BRACE yourself for a big shift: Central banks are getting out of the crystal ball business. We are transitioning to a world where data, rather than detailed projections about the direction of monetary policy, is the key to understanding where interest rates are headed.
This marks a significant departure from a guiding philosophy that’s been around since at least the 2008 financial crash.
“We’re going to be guided by the data,” Federal Reserve (Fed) chair Jerome Powell (picture) told reporters after the Federal Open Market Committee wrapped up a two-day meeting on Wednesday.
“In fact, what I’ll say is that we’re going to be led by the incoming data and the evolving outlook. We’ll try to communicate as clearly as possible, moving steadily and transparently.”
This means central bankers’ success will no longer be determined largely by the ability to foreshadow their approach to managing borrowing costs several months or even years in advance.

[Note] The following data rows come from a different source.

-- ===== src/Float.antt =====
-- `f64`: the operations that the program uses, the facts of IEEE 754 that it relies on, and the
-- grids of values on which its arithmetic is exact. `Float.Sample` meets them.
pub mod Sample
use crypto_nav_manager.Base.{
  ℕ, ◌+◌, ◌-◌, ◌≤◌, ◌≡◌, ◌⊎◌, Bool, true, false, not, ltb, leb, ◌==◌, if◌then◌else◌,
}
use Prim.Native.Nat.{min}

pub record Float (F : Type 0) : Type 0 where
  pub nought : F
  pub one : F
  pub add : F → F → F
  pub sub : F → F → F
  pub mul : F → F → F
  pub div : F → F → F
  pub neg : F → F
  pub abs : F → F
  pub min : F → F → F
  pub max : F → F → F
  pub lt : F → F → Bool
  pub le : F → F → Bool
  pub eq : F → F → Bool
  pub is_finite : F → Bool
  pub is_nan : F → Bool

module _ {F : Type 0} ⦃f : Float F⦄ where
  abbrev pub IsFinite : F → Type 0
  IsFinite a = f.is_finite a ≡ true

  abbrev pub IsPositive : F → Type 0
  IsPositive a = (f.is_finite a ≡ true) × (f.lt f.nought a ≡ true)

module _ (F : Type 0) ⦃f : Float F⦄ where
  -- Facts of IEEE 754 arithmetic, all with NaN, the infinities and rounding in mind: `a - a` is +0.0
  -- for a finite `a`, and with gradual underflow `a - b` is positive where `b < a`.
  pub record IsIeee : Type 0 where
    pub nought_finite : f.is_finite f.nought ≡ true
    pub lt_nought : f.lt f.nought f.nought ≡ false
    pub eq_nought : f.eq f.nought f.nought ≡ true
    pub abs_nought : f.abs f.nought ≡ f.nought
    pub abs_positive : (a : F) → f.lt f.nought a ≡ true → f.abs a ≡ a
    pub eq_positive : (a : F) → f.lt f.nought a ≡ true → f.eq a f.nought ≡ false
    pub sub_self : (a : F) → IsFinite a → f.sub a a ≡ f.nought
    pub sub_positive :
        (a b : F) → IsPositive a → IsPositive b → f.lt b a ≡ true → IsPositive (f.sub a b)
    pub min_pick : (a b : F) → IsPositive a → IsPositive b → f.min a b ≡ (if f.lt b a then b else a)
    pub max_pick : (a b : F) → IsFinite a → IsFinite b → (f.max a b ≡ a) ⊎ (f.max a b ≡ b)
    pub max_nought : (a : F) → f.lt f.nought a ≡ true → f.max a f.nought ≡ a
    pub lt_connex :
        (a b : F) → IsPositive a → IsPositive b → f.lt b a ≡ false → (f.lt a b ≡ true) ⊎ (a ≡ b)
    pub lt_asym : (a b : F) → f.lt a b ≡ true → f.lt b a ≡ false
    pub le-not_lt : (a b : F) → IsFinite a → IsFinite b → f.le a b ≡ not (f.lt b a)
    pub le_lt_trans : (a b c : F) → f.le a b ≡ true → f.lt b c ≡ true → f.lt a c ≡ true

  -- Values that are a natural number of ticks, at most `limit` ticks (2^53 for `f64` and a tick that
  -- is a power of two): sums, differences and comparisons of these are exact.
  pub record Grid : Type 1 where
    pub Is : F → ℕ → Type 0
    pub limit : ℕ
    pub is_nought : Is f.nought 0
    pub is_finite : (a : F) (m : ℕ) → Is a m → f.is_finite a ≡ true
    pub is_add : (a b : F) (m n : ℕ) → Is a m → Is b n → m + n ≤ limit → Is (f.add a b) (m + n)
    pub is_sub : (a b : F) (m n : ℕ) → Is a m → Is b n → n ≤ m → Is (f.sub a b) (m - n)
    pub is_min : (a b : F) (m n : ℕ) → Is a m → Is b n → Is (f.min a b) (min m n)
    pub is_abs : (a : F) (m : ℕ) → Is a m → Is (f.abs a) m
    pub lt_ltb : (a b : F) (m n : ℕ) → Is a m → Is b n → f.lt a b ≡ ltb m n
    pub le_leb : (a b : F) (m n : ℕ) → Is a m → Is b n → f.le a b ≡ leb m n
    pub eq_== : (a b : F) (m n : ℕ) → Is a m → Is b n → f.eq a b ≡ m == n
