-- ===== src/AccountRisk/Cache.antt =====
-- `AccountRiskCache` of src/account_risk.rs under its lock: the connections and the latest readings,
-- and the snapshots of them. The lock is not taken to be poisoned.
use Prim.Native.String.{String}
use crypto_nav_manager.Base.{
  ℕ, ◌-◌, ltb, Bool, true, false, Option, none, some, List, [], ◌∷◌, map, if◌then◌else◌,
}
use crypto_nav_manager.Base.Int.{ℤ, ltb_ℤ}
use crypto_nav_manager.Base.Maps.{lookup, insert}
use crypto_nav_manager.Base.Sort.{sort_by}
use crypto_nav_manager.Base.Text.{bytes_before, bytes_key}
use crypto_nav_manager.Float.{Float}
use crypto_nav_manager.AccountRisk.{AccountRiskFeed, as_str, AccountRiskReading, Limits}

pub record CacheState (F : Type 0) : Type 0 where
  pub connected : List (List ℕ × Bool)
  pub readings : List (List ℕ × AccountRiskReading F)

pub record AccountRiskSnapshot (F : Type 0) : Type 0 where
  pub strategy_slug : List ℕ
  pub exchange : List ℕ
  pub connected : Bool
  pub status : String
  pub risk_level : Option String
  pub scope : Option (List ℕ)
  pub source_ts_ms : Option ℤ
  pub received_at_ms : Option ℕ
  pub uni_mmr : Option F
  pub adjusted_equity_usd : Option F
  pub actual_equity_usd : Option F
  pub maintenance_margin_usd : Option F
  pub initial_margin_usd : Option F
  pub borrowed_usd : Option F
  pub notional_usd : Option F

abbrev pub stale_after_ms : ℕ
stale_after_ms = 90000

abbrev pub field : {A B : Type 0} → (A → B) → Option A → Option B
field g none = none
field g (some a) = some (g a)

abbrev pub feed_le : AccountRiskFeed → AccountRiskFeed → Bool
feed_le a b =
    if ltb_ℤ a.sort_order b.sort_order
    then true
    else if ltb_ℤ b.sort_order a.sort_order
    then false
    else if bytes_before b.strategy_slug a.strategy_slug
    then false
    else true

abbrev pub unconnected : List AccountRiskFeed → List (List ℕ × Bool)
unconnected [] = []
unconnected (feed ∷ feeds) = insert feed.strategy_slug false (unconnected feeds)

module _ {F : Type 0} where
  unfoldable pub start : List AccountRiskFeed → CacheState F
  start feeds = record { connected = unconnected feeds; readings = [] }

  unfoldable pub set_connected : List ℕ → Bool → CacheState F → CacheState F
  set_connected slug connected s = record s { connected = insert slug connected s.connected }

  abbrev pub is_newer : Option (AccountRiskReading F) → AccountRiskReading F → Bool
  is_newer none reading = false
  is_newer (some existing) reading = ltb_ℤ reading.source_ts_ms existing.source_ts_ms

  -- A reading older than the one that is there is dropped.
  unfoldable pub update : List ℕ → AccountRiskReading F → ℕ → CacheState F → CacheState F
  update slug reading now_ms s = if is_newer (lookup slug s.readings) reading then s else record s {
    readings = insert slug (record reading { received_at_ms = now_ms }) s.readings;
  }

  abbrev pub is_stale : Option (AccountRiskReading F) → ℕ → Bool
  is_stale none now_ms = false
  is_stale (some r) now_ms = ltb stale_after_ms (now_ms - r.received_at_ms)

  unfoldable pub status_of : Bool → Option (AccountRiskReading F) → ℕ → String
  status_of false reading now_ms = "unavailable"
  status_of true none now_ms = "waiting"
  status_of true (some r) now_ms = if is_stale (some r) now_ms then "stale" else "live"

module _ {F : Type 0} ⦃f : Float F⦄ (limits : Limits F) where
  unfoldable pub risk_level_of : AccountRiskReading F → String
  risk_level_of r =
      if f.le r.maintenance_margin_usd limits.epsilon
      then "free_trade"
      else if f.lt limits.free_above r.margin_ratio
      then "free_trade"
      else if f.lt limits.warning_above r.margin_ratio
      then "warning"
      else if f.lt limits.reduce_above r.margin_ratio
      then "reduce_only"
      else "liquidation"

  unfoldable pub uni_mmr_of : Option (AccountRiskReading F) → Option F
  uni_mmr_of none = none
  uni_mmr_of (some r) =
      if f.lt limits.epsilon r.maintenance_margin_usd then some r.margin_ratio else none

  unfoldable pub snapshot_for_feed :
      AccountRiskFeed → Bool → Option (AccountRiskReading F) → ℕ → AccountRiskSnapshot F
  unfolding status_of risk_level_of uni_mmr_of
  snapshot_for_feed feed connected reading now_ms = record {
    strategy_slug = feed.strategy_slug;
    exchange = feed.exchange;
    connected = connected;
    status = status_of connected reading now_ms;
    risk_level = field risk_level_of reading;
    scope = field (λ r. as_str r.scope) reading;
    source_ts_ms = field (λ r. r.source_ts_ms) reading;
    received_at_ms = field (λ r. r.received_at_ms) reading;
    uni_mmr = uni_mmr_of reading;
    adjusted_equity_usd = field (λ r. r.adjusted_equity_usd) reading;
    actual_equity_usd = field (λ r. r.actual_equity_usd) reading;
    maintenance_margin_usd = field (λ r. r.maintenance_margin_usd) reading;
    initial_margin_usd = field (λ r. r.initial_margin_usd) reading;
    borrowed_usd = field (λ r. r.borrowed_usd) reading;
    notional_usd = field (λ r. r.notional_usd) reading;
  }

  abbrev pub is_connected : Option Bool → Bool
  is_connected none = false
  is_connected (some b) = b

  unfoldable pub snapshots : List AccountRiskFeed → ℕ → CacheState F → List (AccountRiskSnapshot F)
  unfolding snapshot_for_feed
  snapshots feeds now_ms s =
      map
        (λ (feed : AccountRiskFeed).
          snapshot_for_feed feed (is_connected (lookup feed.strategy_slug s.connected))
            (lookup feed.strategy_slug s.readings) now_ms)
        (sort_by feed_le feeds)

The world of so-called forward guidance, a tool central banks had turned into an art form, has been deeply challenged by inflation that got faster — way sooner — than anyone expected.
No wonder folks at the Bank of England have been quiet in the runup to their February meeting.
Reacting to facts on the ground sounds sensible. The trouble is that it requires moving with alacrity, when warranted, which is in no small degree of conflict with the direction of communication since the 1990s.
The governing idea in the decades that followed has been that more talking and information is better than less.
That approach was an answer to the charge that monetary authorities were too opaque.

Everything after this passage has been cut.